Calcium uptake in aquatic insects: influences of phylogeny and metals (Cd and Zn)

Calcium sequestration in the hypo-osmotic freshwater environment is imperative in maintaining calcium homeostasis in freshwater aquatic organisms. This uptake process is reported to have the unintended consequence of potentially toxic heavy metal (Cd, Zn) uptake in a variety of aquatic species. However, calcium uptake remains poorly understood in aquatic insects, the dominant invertebrate faunal group in most freshwater ecosystems. Here, we examined Ca uptake and interactions with heavy metals (Cd, Zn) at low ambient Ca levels (12.5 mu mol l(-1)) in 12 aquatic insect species within Ephemerellidae (mayfly) and Hydropsychidae (caddisfly), two families differentially responsive to trace metal pollution. We found Ca uptake varied 70-fold across the 12 species studied.

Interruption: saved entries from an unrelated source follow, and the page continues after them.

-- ===== src/Hv/Build/Mappings.antt =====
-- What the finished page tables map.
use obliteration.Prelude.{
  ℕ, ◌+◌, ◌-◌, ◌*◌, ◌/◌, ◌^◌, ◌≡◌, ◌<◌, ◌≤◌, refl, ◌∙◌, Bool, Option, none, some, List, [], ◌∷◌,
}
use obliteration.Hv.Ram.{Ram}
use obliteration.Hv.PageTables.{Tables, Builder, Context, insert_table}
use obliteration.Hv.PageTables.Links.{
  linked, Level, linked-absent, linked-insert_table, has-absent, Flagged, insert_table-Flagged,
}
use obliteration.Hv.PageTables.Descend.{Builds}
use obliteration.Hv.PageTables.Walks.{walk, IsContext, IsFlagged}
use obliteration.Hv.Build.{AllocInfo, no_tables, first_context}

-- The length of a range in whole pages.
abbrev pub whole_pages : Ram → AllocInfo → ℕ
whole_pages r info = (info.len + (r.vm_page_size - 1)) / r.vm_page_size * r.vm_page_size

-- By the translation `at`, each page of a range stands for the physical page at the same offset.
abbrev pub IsMapped : Ram → (ℕ → Option ℕ) → AllocInfo → Type 0
IsMapped r at info =
    (k : ℕ)
    → k < whole_pages r info / 4096
    → at (info.vaddr + k * 4096) ≡ some (info.paddr + k * 4096)

pub AllMapped : Ram → (ℕ → Option ℕ) → List AllocInfo → Type 0
AllMapped r at [] = Unit
AllMapped r at (info ∷ rest) = IsMapped r at info × AllMapped r at rest

-- The ranges end below 2 ^ 63.
unfoldable pub AllBelow : Ram → List AllocInfo → Type 0
AllBelow r [] = Unit
AllBelow r (info ∷ rest) = (info.paddr + whole_pages r info ≤ 2 ^ 63) × AllBelow r rest

module _ (commit map : ℕ → ℕ → Bool) (r : Ram) where
  -- Some ranges are mapped, and what was mapped is still.
  record Extended (infos : List AllocInfo) (cx : Context) (s : Context × Builder) : Type 0 where
    all : AllMapped r (walk s.0) infos
    keeps : (v q : ℕ) → walk cx v ≡ some q → walk s.0 v ≡ some q
    tables : IsContext s.0 s.1.next
    flags : IsFlagged cx → IsFlagged s.0
    builds : Builds r s.1

  no_links-Level :
      (tables : Tables) (high : ℕ)
      → ((x j : ℕ) → linked tables x j ≡ none)
      → Level tables no_tables high
  no_links-Level tables high h = record {
    whole = λ x j c k. cc (h x j, k);
    single = λ x j y k c l m. cc (h x j, l);
    fresh = λ c k. cc (k, has-absent no_tables c refl);
  }

  nothing : (x j : ℕ) → linked no_tables x j ≡ none
  nothing x j = linked-absent no_tables x j refl

  pub first_context-IsContext : (root high : ℕ) → IsContext (first_context root) high
  first_context-IsContext root high = record {
    level4 =
        no_links-Level (insert_table no_tables root) high
          λ x j. linked-insert_table no_tables root x j refl ∙ nothing x j;
    level3 = no_links-Level no_tables high nothing;
    level2 = no_links-Level no_tables high nothing;
  }

  pub first_context-IsFlagged : (root : ℕ) → IsFlagged (first_context root)
  unfolding Flagged
  first_context-IsFlagged root = record {
    flags4 = insert_table-Flagged no_tables root (λ x. tt);
    flags3 = λ x. tt;
    flags2 = λ x. tt;
    flags1 = λ x. tt;
  }
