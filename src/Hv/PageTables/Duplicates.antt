-- ===== src/Hv/PageTables/Duplicates.antt =====
-- What `map_page` says of a page that is mapped.
use obliteration.Prelude.{
  ℕ, ◌≡◌, refl, ◌∙◌, ap, Bool, false, ◌==◌, Option, none, some, arith, Bool-cases, Option-cases,
  inl, inr, done, ok, err,
}
use obliteration.Hv.Ram.{Ram, RamError}
use obliteration.Hv.PageTables.{
  Table, Tables, Builder, BuilderError, Context, entry_addr, descend, map_page, pml4o, pdpo, pdo,
  pto, alloc_pdp_table, alloc_pd_table, alloc_page_table_failed, duplicated_virtual_addr,
}
use obliteration.Hv.PageTables.Links.{
  linked, has, bind, Level, linked-there, linked-absent, has-some,
}
use obliteration.Hv.PageTables.Descend.{descend-there}
use obliteration.Hv.PageTables.Walks.{walk_in, walk, IsContext}
use obliteration.Hv.PageTables.Pages.{set_page-duplicated}

record Used (tables : Tables) (a i c : ℕ) : Type 0 where
  table : Table
  at : tables a ≡ some table
  used : (table i == 0) ≡ false
  addr : entry_addr (table i) ≡ c

linked-Used : (tables : Tables) (a i c : ℕ) → linked tables a i ≡ some c → Used tables a i c
linked-Used tables a i c h = elim (Option-cases (tables a)) [
  | inl gone ↦ cc (h, linked-absent tables a i gone)
  | inr t ↦ elim (Bool-cases (t.0 i == 0)) [
    | inl empty ↦ ground (arith, h, linked-there tables a t.0 i t.1, empty)
    | inr used ↦ record {
      table = t.0;
      at = t.1;
      used = used;
      addr = ground (arith, h, linked-there tables a t.0 i t.1, used);
    }
  ]
]

bind-some :
    (o : Option ℕ) (f : ℕ → Option ℕ) (q : ℕ)
    → bind o f ≡ some q
    → (c : ℕ) × (o ≡ some c) × (f c ≡ some q)
bind-some none f q h = cc h
bind-some (some c) f q h = (c, refl, h)

module _ (commit map : ℕ → ℕ → Bool) (r : Ram) where
  descend-linked :
      (failed : RamError → BuilderError) (upper lower : Tables) (a i c : ℕ) (b : Builder)
      → linked upper a i ≡ some c
      → Level upper lower b.next
      → descend commit map r failed upper lower a i b
        ≡ done (ok (record { child = c; upper = upper; lower = lower; builder = b }))
  descend-linked failed upper lower a i c b h l =
      let u = linked-Used upper a i c h in
      let (there, at) =
        has-some lower (entry_addr (u.table i)) (ap (has lower) u.addr ∙ l.whole a i c h) in
      descend-there commit map r failed upper lower a i b u.table there u.at u.used at
      ∙ ap (λ t. done (ok (record { child = t; upper = upper; lower = lower; builder = b }))) u.addr

  -- `map_page` for an address whose page is mapped, by entries that are not 0, is the error that names the
  -- address, with tables in which each entry in use stands for a table of its own.
  pub map_page-duplicated :
      (cx : Context) (b : Builder) (addr paddr q : ℕ)
      → IsContext cx b.next
      → walk cx addr ≡ some q
      → map_page commit map r cx b addr (done paddr) ≡ done (err (duplicated_virtual_addr addr))
  unfolding map_page walk_in
  map_page-duplicated cx b addr paddr q c h =
      let (p, h4, rest4) = bind-some (linked cx.pml4t cx.root (pml4o addr)) _ q h in
      let (d, h3, rest3) = bind-some (linked cx.pdpt p (pdpo addr)) _ q rest4 in
      let (t, h2, h1) = bind-some (linked cx.pdt d (pdo addr)) _ q rest3 in
      let u = linked-Used cx.pt t (pto addr) q h1 in
      rw
        (
          descend-linked alloc_pdp_table cx.pml4t cx.pdpt cx.root (pml4o addr) p b h4 c.level4,
          descend-linked alloc_pd_table cx.pdpt cx.pdt p (pdpo addr) d b h3 c.level3,
          descend-linked alloc_page_table_failed cx.pdt cx.pt d (pdo addr) t b h2 c.level2,
          set_page-duplicated cx.pt t addr paddr u.table u.at u.used,
        )
        refl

Body mass and clade (family) were found to significantly influence both Ca uptake and adsorption (P <= 0.05). Zn and Cd uptake rate constants (k(u)) exhibited a strong correlation (r=0.96, P < 0.0001), suggesting a shared transport system. Ca uptake failed to significantly correlate with either Zn or Cd ku values. Further, neither Zn nor Cd exhibited inhibitory effects toward Ca uptake. In fact, we saw evidence of modest stimulation of Ca uptake rates in some metal treatments. This work suggests that insects generally differ from other freshwater taxa in that aqueous Ca uptake does not appear to be compromised by Cd or Zn exposure. It is important to understand the trace metal and major ion physiology of aquatic insects because of their ecological importance and widespread use as ecological indicators.